Start of Block

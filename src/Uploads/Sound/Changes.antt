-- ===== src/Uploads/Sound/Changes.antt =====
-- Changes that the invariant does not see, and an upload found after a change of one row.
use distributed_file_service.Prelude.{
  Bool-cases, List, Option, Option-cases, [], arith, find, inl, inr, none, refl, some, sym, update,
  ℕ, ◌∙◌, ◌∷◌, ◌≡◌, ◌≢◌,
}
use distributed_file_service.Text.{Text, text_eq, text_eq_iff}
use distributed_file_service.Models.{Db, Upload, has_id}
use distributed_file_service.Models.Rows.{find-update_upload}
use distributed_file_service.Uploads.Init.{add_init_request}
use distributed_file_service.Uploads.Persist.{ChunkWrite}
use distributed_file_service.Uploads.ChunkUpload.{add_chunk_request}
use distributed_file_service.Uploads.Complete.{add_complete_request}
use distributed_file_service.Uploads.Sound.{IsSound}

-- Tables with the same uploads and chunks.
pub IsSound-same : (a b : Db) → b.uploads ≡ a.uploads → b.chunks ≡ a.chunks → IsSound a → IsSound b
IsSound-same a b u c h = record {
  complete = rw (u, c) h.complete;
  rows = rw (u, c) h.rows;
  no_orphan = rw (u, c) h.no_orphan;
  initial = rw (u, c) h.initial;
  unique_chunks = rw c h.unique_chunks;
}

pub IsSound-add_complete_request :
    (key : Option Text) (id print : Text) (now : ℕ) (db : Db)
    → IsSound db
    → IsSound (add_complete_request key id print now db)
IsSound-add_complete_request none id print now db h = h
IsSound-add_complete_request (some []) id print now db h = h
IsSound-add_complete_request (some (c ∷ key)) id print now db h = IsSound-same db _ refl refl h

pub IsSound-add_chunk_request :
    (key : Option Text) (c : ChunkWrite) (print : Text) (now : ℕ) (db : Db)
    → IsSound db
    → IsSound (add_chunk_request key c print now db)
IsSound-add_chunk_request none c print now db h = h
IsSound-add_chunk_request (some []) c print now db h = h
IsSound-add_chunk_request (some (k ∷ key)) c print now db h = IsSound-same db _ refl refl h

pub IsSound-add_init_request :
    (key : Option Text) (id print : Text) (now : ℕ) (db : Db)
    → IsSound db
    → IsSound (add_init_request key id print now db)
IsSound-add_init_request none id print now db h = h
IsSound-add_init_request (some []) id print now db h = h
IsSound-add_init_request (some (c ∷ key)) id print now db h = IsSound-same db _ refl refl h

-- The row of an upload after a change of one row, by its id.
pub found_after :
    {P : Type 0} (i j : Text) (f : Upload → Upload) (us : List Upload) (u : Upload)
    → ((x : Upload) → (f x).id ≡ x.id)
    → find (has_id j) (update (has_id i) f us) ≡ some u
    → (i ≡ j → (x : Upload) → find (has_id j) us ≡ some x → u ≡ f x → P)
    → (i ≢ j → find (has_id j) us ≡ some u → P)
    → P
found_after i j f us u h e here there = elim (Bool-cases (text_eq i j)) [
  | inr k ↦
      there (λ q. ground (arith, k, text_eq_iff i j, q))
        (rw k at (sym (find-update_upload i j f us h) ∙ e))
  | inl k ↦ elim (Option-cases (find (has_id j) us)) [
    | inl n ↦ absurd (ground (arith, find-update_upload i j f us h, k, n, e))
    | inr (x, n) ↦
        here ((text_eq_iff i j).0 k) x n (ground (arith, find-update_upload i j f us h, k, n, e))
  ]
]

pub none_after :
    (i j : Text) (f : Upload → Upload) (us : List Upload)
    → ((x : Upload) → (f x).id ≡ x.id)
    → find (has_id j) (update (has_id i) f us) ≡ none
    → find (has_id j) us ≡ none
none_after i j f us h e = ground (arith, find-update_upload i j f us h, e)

End of Block
Start of Block

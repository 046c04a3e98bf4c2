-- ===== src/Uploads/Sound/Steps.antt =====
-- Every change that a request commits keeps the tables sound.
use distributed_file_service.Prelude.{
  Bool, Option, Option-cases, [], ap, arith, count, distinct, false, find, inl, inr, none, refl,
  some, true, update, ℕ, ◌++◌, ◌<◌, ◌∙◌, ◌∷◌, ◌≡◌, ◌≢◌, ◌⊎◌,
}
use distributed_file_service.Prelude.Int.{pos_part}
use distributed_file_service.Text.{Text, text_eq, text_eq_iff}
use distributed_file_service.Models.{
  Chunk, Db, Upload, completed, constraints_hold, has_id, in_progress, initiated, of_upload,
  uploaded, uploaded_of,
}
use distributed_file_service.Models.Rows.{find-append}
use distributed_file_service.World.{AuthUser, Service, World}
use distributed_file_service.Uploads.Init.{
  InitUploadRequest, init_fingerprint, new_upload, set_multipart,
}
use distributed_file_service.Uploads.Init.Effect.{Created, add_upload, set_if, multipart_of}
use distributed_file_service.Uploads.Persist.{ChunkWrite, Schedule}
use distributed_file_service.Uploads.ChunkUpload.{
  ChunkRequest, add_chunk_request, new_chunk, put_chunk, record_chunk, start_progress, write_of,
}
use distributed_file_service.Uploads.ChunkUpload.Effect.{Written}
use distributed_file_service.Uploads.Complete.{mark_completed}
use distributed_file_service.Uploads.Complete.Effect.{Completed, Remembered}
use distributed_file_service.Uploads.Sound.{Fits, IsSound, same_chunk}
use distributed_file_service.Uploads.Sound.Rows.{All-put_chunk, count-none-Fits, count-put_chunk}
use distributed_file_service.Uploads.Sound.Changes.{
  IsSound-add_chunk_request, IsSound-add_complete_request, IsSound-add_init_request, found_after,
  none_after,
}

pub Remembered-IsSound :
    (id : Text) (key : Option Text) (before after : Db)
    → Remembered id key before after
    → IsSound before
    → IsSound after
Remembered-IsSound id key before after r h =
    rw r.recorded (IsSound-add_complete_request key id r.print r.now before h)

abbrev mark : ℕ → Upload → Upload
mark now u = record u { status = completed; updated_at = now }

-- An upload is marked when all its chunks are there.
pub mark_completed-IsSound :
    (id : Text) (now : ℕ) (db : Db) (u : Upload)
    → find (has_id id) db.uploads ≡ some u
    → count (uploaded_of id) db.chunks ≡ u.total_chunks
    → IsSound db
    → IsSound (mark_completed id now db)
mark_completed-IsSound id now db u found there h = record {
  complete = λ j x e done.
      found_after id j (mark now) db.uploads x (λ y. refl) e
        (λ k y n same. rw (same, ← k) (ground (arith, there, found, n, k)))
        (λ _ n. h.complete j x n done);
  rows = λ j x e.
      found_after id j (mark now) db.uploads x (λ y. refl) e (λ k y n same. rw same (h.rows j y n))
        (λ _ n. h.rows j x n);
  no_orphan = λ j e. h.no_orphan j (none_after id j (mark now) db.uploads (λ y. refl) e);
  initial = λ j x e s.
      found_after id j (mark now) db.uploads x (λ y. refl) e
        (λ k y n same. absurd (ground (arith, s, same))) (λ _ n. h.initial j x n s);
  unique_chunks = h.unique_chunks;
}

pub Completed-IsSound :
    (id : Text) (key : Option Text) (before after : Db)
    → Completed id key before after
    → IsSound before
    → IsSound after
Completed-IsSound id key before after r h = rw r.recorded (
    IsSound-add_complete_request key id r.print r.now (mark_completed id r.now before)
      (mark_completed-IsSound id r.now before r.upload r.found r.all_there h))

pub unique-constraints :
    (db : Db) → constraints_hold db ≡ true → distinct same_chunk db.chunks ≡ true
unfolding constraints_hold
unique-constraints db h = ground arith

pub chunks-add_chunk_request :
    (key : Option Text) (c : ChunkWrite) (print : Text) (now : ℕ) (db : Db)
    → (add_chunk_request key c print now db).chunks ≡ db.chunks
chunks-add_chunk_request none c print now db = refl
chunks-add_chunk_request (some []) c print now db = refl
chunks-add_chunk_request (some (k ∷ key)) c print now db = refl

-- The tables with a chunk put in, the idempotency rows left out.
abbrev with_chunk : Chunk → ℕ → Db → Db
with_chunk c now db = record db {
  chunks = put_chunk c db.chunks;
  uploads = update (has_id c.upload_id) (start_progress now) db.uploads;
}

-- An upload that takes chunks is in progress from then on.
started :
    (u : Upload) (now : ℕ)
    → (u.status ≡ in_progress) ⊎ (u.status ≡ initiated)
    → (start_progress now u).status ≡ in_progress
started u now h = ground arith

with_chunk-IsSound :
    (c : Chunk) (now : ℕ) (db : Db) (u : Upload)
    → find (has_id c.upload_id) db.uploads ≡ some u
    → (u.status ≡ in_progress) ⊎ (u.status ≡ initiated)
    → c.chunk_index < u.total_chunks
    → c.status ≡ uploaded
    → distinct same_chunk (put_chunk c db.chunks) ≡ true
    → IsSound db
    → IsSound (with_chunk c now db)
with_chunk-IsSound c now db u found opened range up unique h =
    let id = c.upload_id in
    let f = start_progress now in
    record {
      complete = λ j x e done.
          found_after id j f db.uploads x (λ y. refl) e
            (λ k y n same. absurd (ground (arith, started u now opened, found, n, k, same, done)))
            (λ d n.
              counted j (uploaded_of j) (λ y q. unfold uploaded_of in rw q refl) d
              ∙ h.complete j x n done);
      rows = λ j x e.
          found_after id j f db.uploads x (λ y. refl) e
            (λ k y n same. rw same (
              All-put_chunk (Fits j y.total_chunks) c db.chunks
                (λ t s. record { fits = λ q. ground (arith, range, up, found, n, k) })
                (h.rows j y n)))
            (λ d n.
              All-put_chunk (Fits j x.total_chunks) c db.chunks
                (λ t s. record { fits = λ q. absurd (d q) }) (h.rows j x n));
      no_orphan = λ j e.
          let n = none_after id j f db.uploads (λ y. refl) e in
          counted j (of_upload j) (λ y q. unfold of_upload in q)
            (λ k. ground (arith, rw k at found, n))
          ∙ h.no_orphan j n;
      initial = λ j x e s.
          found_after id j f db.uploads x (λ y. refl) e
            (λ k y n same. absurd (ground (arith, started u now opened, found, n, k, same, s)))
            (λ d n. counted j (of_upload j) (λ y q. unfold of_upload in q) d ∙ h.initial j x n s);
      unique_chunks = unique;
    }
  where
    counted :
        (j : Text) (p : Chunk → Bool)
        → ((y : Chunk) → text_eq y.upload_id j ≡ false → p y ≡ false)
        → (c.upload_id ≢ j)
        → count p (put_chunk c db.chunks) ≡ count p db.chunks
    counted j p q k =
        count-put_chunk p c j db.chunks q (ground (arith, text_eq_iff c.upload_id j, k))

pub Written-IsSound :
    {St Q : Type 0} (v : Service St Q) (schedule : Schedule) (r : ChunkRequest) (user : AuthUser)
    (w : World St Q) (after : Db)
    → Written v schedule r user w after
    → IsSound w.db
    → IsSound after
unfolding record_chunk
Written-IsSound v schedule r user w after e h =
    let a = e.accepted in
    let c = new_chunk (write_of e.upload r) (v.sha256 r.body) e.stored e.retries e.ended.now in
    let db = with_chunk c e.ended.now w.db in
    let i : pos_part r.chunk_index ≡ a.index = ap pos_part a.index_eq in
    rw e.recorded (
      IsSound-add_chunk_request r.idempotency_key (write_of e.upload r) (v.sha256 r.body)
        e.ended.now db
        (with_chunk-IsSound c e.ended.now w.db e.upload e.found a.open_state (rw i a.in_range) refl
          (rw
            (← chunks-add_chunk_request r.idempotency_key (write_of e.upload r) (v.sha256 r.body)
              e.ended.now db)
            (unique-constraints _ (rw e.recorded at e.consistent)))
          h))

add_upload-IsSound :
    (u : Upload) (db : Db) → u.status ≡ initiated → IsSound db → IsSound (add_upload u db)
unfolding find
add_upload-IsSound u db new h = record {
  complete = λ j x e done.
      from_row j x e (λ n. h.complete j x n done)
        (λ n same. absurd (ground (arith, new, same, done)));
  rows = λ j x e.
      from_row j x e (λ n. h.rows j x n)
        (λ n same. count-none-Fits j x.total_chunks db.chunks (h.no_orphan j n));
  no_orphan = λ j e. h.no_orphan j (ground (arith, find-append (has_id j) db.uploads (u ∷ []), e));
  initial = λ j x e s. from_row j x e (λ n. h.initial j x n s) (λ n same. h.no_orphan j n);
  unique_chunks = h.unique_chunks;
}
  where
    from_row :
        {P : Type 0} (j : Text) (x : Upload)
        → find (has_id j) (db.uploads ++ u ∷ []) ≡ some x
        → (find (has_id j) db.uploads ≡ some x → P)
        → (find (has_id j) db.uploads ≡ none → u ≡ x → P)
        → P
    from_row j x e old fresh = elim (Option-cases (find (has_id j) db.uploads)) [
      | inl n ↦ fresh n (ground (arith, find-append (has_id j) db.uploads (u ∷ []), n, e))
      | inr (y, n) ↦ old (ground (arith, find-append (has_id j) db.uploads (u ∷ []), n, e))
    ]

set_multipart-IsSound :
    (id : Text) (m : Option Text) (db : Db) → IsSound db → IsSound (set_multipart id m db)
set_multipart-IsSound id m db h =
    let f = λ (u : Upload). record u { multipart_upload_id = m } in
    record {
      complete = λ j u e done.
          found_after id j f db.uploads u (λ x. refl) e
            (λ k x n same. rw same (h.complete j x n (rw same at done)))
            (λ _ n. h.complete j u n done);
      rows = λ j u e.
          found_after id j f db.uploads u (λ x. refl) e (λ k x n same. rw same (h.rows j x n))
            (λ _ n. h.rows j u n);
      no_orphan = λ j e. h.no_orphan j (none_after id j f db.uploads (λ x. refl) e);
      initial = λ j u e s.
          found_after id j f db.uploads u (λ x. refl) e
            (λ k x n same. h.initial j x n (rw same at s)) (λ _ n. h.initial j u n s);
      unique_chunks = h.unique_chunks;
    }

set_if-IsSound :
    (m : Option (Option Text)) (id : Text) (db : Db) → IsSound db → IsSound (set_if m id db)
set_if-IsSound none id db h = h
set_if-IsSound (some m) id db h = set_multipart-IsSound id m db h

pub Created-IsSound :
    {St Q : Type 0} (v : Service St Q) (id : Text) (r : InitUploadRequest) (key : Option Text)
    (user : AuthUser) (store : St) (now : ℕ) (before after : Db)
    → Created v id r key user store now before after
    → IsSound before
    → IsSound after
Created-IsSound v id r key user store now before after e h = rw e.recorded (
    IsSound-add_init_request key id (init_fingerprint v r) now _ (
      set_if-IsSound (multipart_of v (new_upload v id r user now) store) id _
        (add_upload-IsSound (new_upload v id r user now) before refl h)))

End of Block
Start of Block

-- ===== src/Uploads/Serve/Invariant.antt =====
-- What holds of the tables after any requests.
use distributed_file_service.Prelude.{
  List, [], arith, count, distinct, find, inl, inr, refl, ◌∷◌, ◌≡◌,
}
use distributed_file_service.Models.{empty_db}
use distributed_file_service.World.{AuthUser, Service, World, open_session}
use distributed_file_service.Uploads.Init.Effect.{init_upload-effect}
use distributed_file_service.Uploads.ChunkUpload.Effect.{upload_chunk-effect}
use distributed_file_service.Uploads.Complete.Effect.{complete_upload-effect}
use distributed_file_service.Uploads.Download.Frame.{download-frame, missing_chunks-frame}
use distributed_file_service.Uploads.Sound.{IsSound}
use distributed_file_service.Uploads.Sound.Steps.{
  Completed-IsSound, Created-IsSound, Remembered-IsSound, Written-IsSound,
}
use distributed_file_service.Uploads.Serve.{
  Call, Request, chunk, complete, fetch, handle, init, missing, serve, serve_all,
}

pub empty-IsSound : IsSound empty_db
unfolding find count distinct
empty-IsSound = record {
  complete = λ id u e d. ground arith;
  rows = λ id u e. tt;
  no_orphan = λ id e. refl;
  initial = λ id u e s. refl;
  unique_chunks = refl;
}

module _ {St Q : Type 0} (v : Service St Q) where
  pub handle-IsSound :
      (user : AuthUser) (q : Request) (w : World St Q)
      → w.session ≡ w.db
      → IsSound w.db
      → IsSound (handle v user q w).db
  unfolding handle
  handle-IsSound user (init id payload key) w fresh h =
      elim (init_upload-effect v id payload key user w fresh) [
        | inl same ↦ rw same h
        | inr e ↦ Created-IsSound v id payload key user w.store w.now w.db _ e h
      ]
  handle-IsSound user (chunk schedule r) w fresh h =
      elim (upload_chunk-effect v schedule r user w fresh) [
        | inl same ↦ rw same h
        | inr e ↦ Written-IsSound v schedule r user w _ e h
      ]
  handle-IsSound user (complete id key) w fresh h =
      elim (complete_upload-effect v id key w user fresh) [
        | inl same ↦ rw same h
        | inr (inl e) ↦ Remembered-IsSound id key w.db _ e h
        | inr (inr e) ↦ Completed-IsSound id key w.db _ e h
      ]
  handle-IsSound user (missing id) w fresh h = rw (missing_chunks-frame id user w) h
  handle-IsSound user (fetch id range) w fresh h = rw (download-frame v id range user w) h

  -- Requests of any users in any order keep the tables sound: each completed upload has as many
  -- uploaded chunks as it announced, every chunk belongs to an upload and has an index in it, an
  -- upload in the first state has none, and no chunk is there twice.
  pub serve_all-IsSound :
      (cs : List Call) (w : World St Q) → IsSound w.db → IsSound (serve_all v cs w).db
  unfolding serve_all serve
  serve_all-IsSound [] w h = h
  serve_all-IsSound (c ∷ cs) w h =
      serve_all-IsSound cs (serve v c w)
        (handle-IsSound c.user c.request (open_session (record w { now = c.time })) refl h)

End of Block

In the records above, find each line that mentions the string "Remembered", then copy it.

use distributed_file_service.Uploads.Complete.Effect.{Completed, Remembered}
pub Remembered-IsSound :
    → Remembered id key before after
Remembered-IsSound id key before after r h =
  Completed-IsSound, Created-IsSound, Remembered-IsSound, Written-IsSound,
        | inr (inl e) ↦ Remembered-IsSound id key w.db _ e h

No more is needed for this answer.